Indiana DNR Release:
The largest sampling to date of Indiana waterways for environmental DNA (eDNA) evidence of Asian carp yielded negative results on either side of Eagle Marsh near Fort Wayne, University of Notre Dame researchers have reported.
“The absence of any positive water samples collected from the Little River, Eagle Marsh, and the rivers in Fort Wayne is very encouraging,” said Christopher Jerde of the Notre Dame Center for Aquatic Conservation.
With assistance from Department of Natural Resources fisheries biologists, Notre Dame researchers collected 247 water samples from Oct. 18-20 in ditches and streams associated with Eagle Marsh, a 705-acre restored wetland near Fort Wayne.
All samples were tested for bighead carp and silver carp environmental DNA (eDNA), and all tests came back negative.
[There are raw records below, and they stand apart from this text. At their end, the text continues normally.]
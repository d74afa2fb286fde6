-- ===== src/RpcClusterChannel/Credit.antt =====
-- src/RpcClusterChannel.cpp: the account of the requests of calls. Every open attempt, sleeping retry and
-- hedge timer holds the requests that it may still lead to.
use my_rpc_project.Base.{
  ℕ, zero, suc, ◌+◌, ◌-◌, ◌≤◌, ◌<◌, ◌≡◌, refl, sym, ap, subst, ◌∙◌, Bool, true, false, List, [],
  ◌∷◌, ◌++◌, some, get_elem?, All, sum_of, sum_of-snoc, ◌==◌, if◌then◌else◌, if_elim, inl, inr, ◌⊎◌,
  Option-cases, arith,
}
use my_rpc_project.Base.Maps.{find}
use my_rpc_project.Protocol.{Status}
use my_rpc_project.Retry.{RetryOptions, try_consume, should_retry, jitter_backoff}
use my_rpc_project.RpcClusterChannel.Attempts.{
  Call, Attempt, Sleeping, Hedge, Client, modify_call, complete, finish, sleep, set_budget,
  retry_if, fail,
}
use my_rpc_project.RpcClusterChannel.Events.{drop_at}

module _ {A : Type 0} where
  pub sum_of-drop_at :
      (f : A → ℕ) (k : ℕ) (xs : List A) (x : A)
      → get_elem? xs k ≡ some x
      → sum_of f xs ≡ f x + sum_of f (drop_at k xs)
  unfolding sum_of
  sum_of-drop_at f k [] x e = absurd (grind arith)
  sum_of-drop_at f zero (y ∷ ys) x e = let same : y ≡ x = cc in ap (λ z. f z + sum_of f ys) same
  sum_of-drop_at f (suc k) (y ∷ ys) x e = omega (arith, sum_of-drop_at f k ys x e)

  pub All-drop_at : (P : A → Type 0) (k : ℕ) (xs : List A) → All P xs → All P (drop_at k xs)
  All-drop_at P k [] a = a
  All-drop_at P zero (y ∷ ys) a = a.1
  All-drop_at P (suc k) (y ∷ ys) a = (a.0, All-drop_at P k ys a.1)

  pub All-get :
      (P : A → Type 0) (k : ℕ) (xs : List A) (x : A) → All P xs → get_elem? xs k ≡ some x → P x
  All-get P k [] x a e = absurd (grind arith)
  All-get P zero (y ∷ ys) x a e = let same : y ≡ x = cc in subst P same a.0
  All-get P (suc k) (y ∷ ys) x a e = All-get P k ys x a.1 e

  pub All-snoc : (P : A → Type 0) (xs : List A) (x : A) → All P xs → P x → All P (xs ++ (x ∷ []))
  All-snoc P [] x a p = (p, tt)
  All-snoc P (y ∷ ys) x a p = (a.0, All-snoc P ys x a.1 p)

-- Only the calls change, or what this account does not read.
pub record SameBooks (s t : Client) : Type 0 where
  pub sent : t.sent ≡ s.sent
  pub sleeping : t.sleeping ≡ s.sleeping
  pub hedges : t.hedges ≡ s.hedges
  pub requests : t.requests ≡ s.requests
  pub options : t.cluster.retry_options ≡ s.cluster.retry_options
  pub next_call : t.next_call ≡ s.next_call

pub modify_call-SameBooks : (f : Call → Call) (s : Client) (c : ℕ) → SameBooks s (modify_call f s c)
unfolding modify_call
modify_call-SameBooks f s c = elim (Option-cases (find c s.calls)) [
  | inl gone ↦
      rw (gone, modify_call)
        (record {
          sent = refl;
          sleeping = refl;
          hedges = refl;
          requests = refl;
          options = refl;
          next_call = refl;
        })
  | inr (x, there) ↦
      rw (there, modify_call)
        (record {
          sent = refl;
          sleeping = refl;
          hedges = refl;
          requests = refl;
          options = refl;
          next_call = refl;
        })
]

-- `m`: the largest number of attempts.
module _ (m : ℕ) where
  abbrev pub of_attempt : ℕ → Attempt → ℕ
  of_attempt c a = if a.call == c then m - a.number else 0

  abbrev pub of_sleeping : ℕ → Sleeping → ℕ
  of_sleeping c w = if w.call == c then suc m - w.number else 0

  abbrev pub of_hedge : ℕ → Hedge → ℕ
  of_hedge c h = if h.call == c then m else 0

  abbrev pub is_request : ℕ → Attempt → ℕ
  is_request c a = if a.call == c then 1 else 0

  -- The requests of a call, made and to come.
  unfoldable pub held : Client → ℕ → ℕ
  held s c =
      sum_of (is_request c) s.requests
      + (sum_of (of_attempt c) s.sent
          + (sum_of (of_sleeping c) s.sleeping + sum_of (of_hedge c) s.hedges))

  abbrev pub IsNumbered : Attempt → Type 0
  IsNumbered a = (a.number ≤ m) × (a.options.max_attempts ≤ m)

  abbrev pub IsDue : Sleeping → Type 0
  IsDue w = w.number ≤ m

module _ (m next : ℕ) where
  -- All is within bounds, with `k` requests to spare for the call `c`.
  pub record Spares (bound : ℕ → ℕ) (c k : ℕ) (s : Client) : Type 0 where
    pub numbered : All (IsNumbered m) s.sent
    pub due : All (IsDue m) s.sleeping
    pub next_call : s.next_call ≡ next
    pub limited : s.cluster.retry_options.max_attempts ≤ m
    pub below : (d : ℕ) → held m s d + (if c == d then k else 0) ≤ bound d

  pub SameBooks-Spares :
      (bound : ℕ → ℕ) (c k : ℕ) (s t : Client)
      → SameBooks s t
      → Spares bound c k s
      → Spares bound c k t
  unfolding held
  SameBooks-Spares bound c k s t e h = record {
    numbered = subst (All (IsNumbered m)) (sym e.sent) h.numbered;
    due = subst (All (IsDue m)) (sym e.sleeping) h.due;
    next_call = e.next_call ∙ h.next_call;
    limited = subst (λ (o : RetryOptions). o.max_attempts ≤ m) (sym e.options) h.limited;
    below = λ d. rw (e.sent, e.sleeping, e.hedges, e.requests) (h.below d);
  }

  -- What is to spare need not be used, and an empty account is anyone's.
  pub Spares-less :
      (bound : ℕ → ℕ) (c b j k : ℕ) (s : Client)
      → Spares bound c j s
      → (k ≡ 0) ⊎ ((k ≤ j) × (b ≡ c))
      → Spares bound b k s
  Spares-less bound c b j k s h less = record {
    numbered = h.numbered;
    due = h.due;
    next_call = h.next_call;
    limited = h.limited;
    below = λ d. ground (arith, h.below d);
  }

  pub finish-Spares :
      (bound : ℕ → ℕ) (c k : ℕ) (s : Client) → Spares bound c k s → Spares bound c 0 (finish s c)
  unfolding finish
  finish-Spares bound c k s h =
      SameBooks-Spares bound c 0 s (modify_call complete s c) (modify_call-SameBooks complete s c)
        (Spares-less bound c c k 0 s h (inl refl))

  sleep-Spares :
      (bound : ℕ → ℕ) (c n ms : ℕ) (s : Client)
      → suc n ≤ m
      → Spares bound c (m - n) s
      → Spares bound c 0 (sleep s c (n + 1) ms)
  unfolding sleep held
  sleep-Spares bound c n ms s small h =
      let w : Sleeping = record { call = c; number = n + 1; backoff_ms = ms } in
      record {
        numbered = h.numbered;
        due = All-snoc (IsDue m) s.sleeping w h.due (omega arith);
        next_call = h.next_call;
        limited = h.limited;
        below = λ d. ground (arith, h.below d, sum_of-snoc (of_sleeping m d) s.sleeping w);
      }

  retry_if-Spares :
      (bound : ℕ → ℕ) (b : Bool) (s : Client) (c n : ℕ) (options : RetryOptions) (rand : ℕ)
      → (b ≡ true → suc n ≤ m)
      → Spares bound c (m - n) s
      → Spares bound c 0 (retry_if b s c n options rand)
  unfolding retry_if set_budget
  retry_if-Spares bound false s c n options rand small h = finish-Spares bound c (m - n) s h
  retry_if-Spares bound true s c n options rand small h =
      let (granted, b) = try_consume s.cluster.retry_budget in
      let t = set_budget s b in
      let g : Spares bound c (m - n) t =
        SameBooks-Spares bound c (m - n) s t
          (record {
            sent = refl;
            sleeping = refl;
            hedges = refl;
            requests = refl;
            options = refl;
            next_call = refl;
          })
          h in
      if_elim (Spares bound c 0) granted
        (sleep-Spares bound c n
          (jitter_backoff (n - 1) options.base_backoff_ms options.max_backoff_ms rand) t
          (small refl) g)
        (finish-Spares bound c (m - n) t g)

  should_retry-lt :
      (status : Status) (idempotent : Bool) (n max_attempts : ℕ)
      → should_retry status idempotent n max_attempts ≡ true
      → n < max_attempts
  unfolding should_retry
  should_retry-lt status idempotent n max_attempts h = ground arith

  pub fail-Spares :
      (bound : ℕ → ℕ) (s : Client) (c n : ℕ) (options : RetryOptions) (rand : ℕ)
      → options.max_attempts ≤ m
      → Spares bound c (m - n) s
      → Spares bound c 0 (fail s c n options rand)
  unfolding fail
  fail-Spares bound s c n options rand small h = elim (Option-cases (find c s.calls)) [
    | inl gone ↦ rw (gone, fail) (Spares-less bound c c (m - n) 0 s h (inl refl))
    | inr (x, there) ↦
        rw (there, fail)
          (retry_if-Spares bound (should_retry x.status x.idempotent n options.max_attempts) s c n
            options rand
            (λ e. omega (arith, should_retry-lt x.status x.idempotent n options.max_attempts e)) h)
  ]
“We are pleased to have this good report and to see our Asian carp status is secure at Eagle Marsh,” DNR deputy director John Davis said. “We are lucky to have an Indiana resource like Notre Dame able to respond in such a rapid and partner-like manner.”
Despite the good news, Jerde recommends the research efforts continue.
“It is our hope that further sampling in the region yields the same result,” he said. “Surveillance for any invasive species, including Asian carp in the Wabash, is not a one-and-done project.”
Doug Keller, aquatic invasive species coordinator for the DNR, agreed.
“Additional sampling in the spring under higher flows and during a time when Asian carp spawning may occur is a likely time for the next round of sampling,” Keller said. “Coupling additional eDNA samples with planned Asian carp tracking and spawning studies will tell us a lot more about Asian carp use in the upper Wabash basin.”
Notre Dame received a Great Lakes Restoration Initiative grant to work with the U.S. Fish and Wildlife Service to help protect the Great Lakes from invasive species by further developing and applying eDNA surveillance. Since 2009, Notre Dame researchers have examined more than 1,000 water samples from rivers in Indiana, Michigan, Ohio and Wisconsin, screening them for traces of DNA markers to determine if a target species has been in the vicinity.
“Using environmental DNA as an early detection method is much more sensitive than traditional fisheries methods like electro-fishing and netting for Asian carp,” Notre Dame researcher Andrew Mahon said.
The eDNA surveillance approach in the Chicago Area Waterway System showed presence of Asian carp eight months before commercial fishermen hired by the Illinois Department of Natural Resources captured a bighead carp in Lake Calumet, approximately six river miles from Lake Michigan.
“In the Eagle Marsh application, it was also a matter of practicality,” Mahon said. “Many of the areas that needed to be surveyed were not accessible by boat and not conducive to setting nets. All we needed were two-liter water samples.”
Of the samples collected, 28 were taken from the Wabash River near Huntington, 60 from the Little River, 18 from Graham-McCulloch Ditch, 14 from Junk Ditch, 31 from Eagle Marsh, nine from Aboite Creek, six from Robinson Creek, 21 from the St. Marys River, 34 from the St. Joseph’s River, and 17 from the Maumee River. Nine cooler controls also were processed.
The region was identified as having favorable conditions for the potential spread of Asian carp into the Great Lakes.
Eagle Marsh straddles a geographic divide separating the Wabash River watershed from the Maumee River watershed. Under normal conditions, there is no direct link between the two watersheds, but tributaries and ditches associated with Eagle Marsh provide a potential connection under certain flooding situations.
Concerns that Asian carp could move upstream from the Wabash during flood conditions, cross the divide at Eagle Marsh and enter the Maumee drainage prompted the DNR to construct a 1,200-foot chain link fence at Eagle Marsh in October to block fish passage. The U.S. Environmental Protection Agency and the U.S. Fish and Wildlife Service are funding the cost of the fence project through the Great Lakes Restoration Initiative.
Bighead and silver carp are two species of Asian carp that were imported into the southern United States to keep aquaculture facilities clean and to provide fresh fish for markets. Both species are voracious eaters, consuming plankton – algae and other microscopic organisms – and stripping the food web of a key food source for small and large native fish.
The Asian carp escaped into the wild in the 1980s and have been moving northward ever since. They were first detected in Indiana waters in 1995 and have worked their way up the Wabash River, into the East and West forks of the White River, the Patoka River, and the Ohio River and some of its tributaries.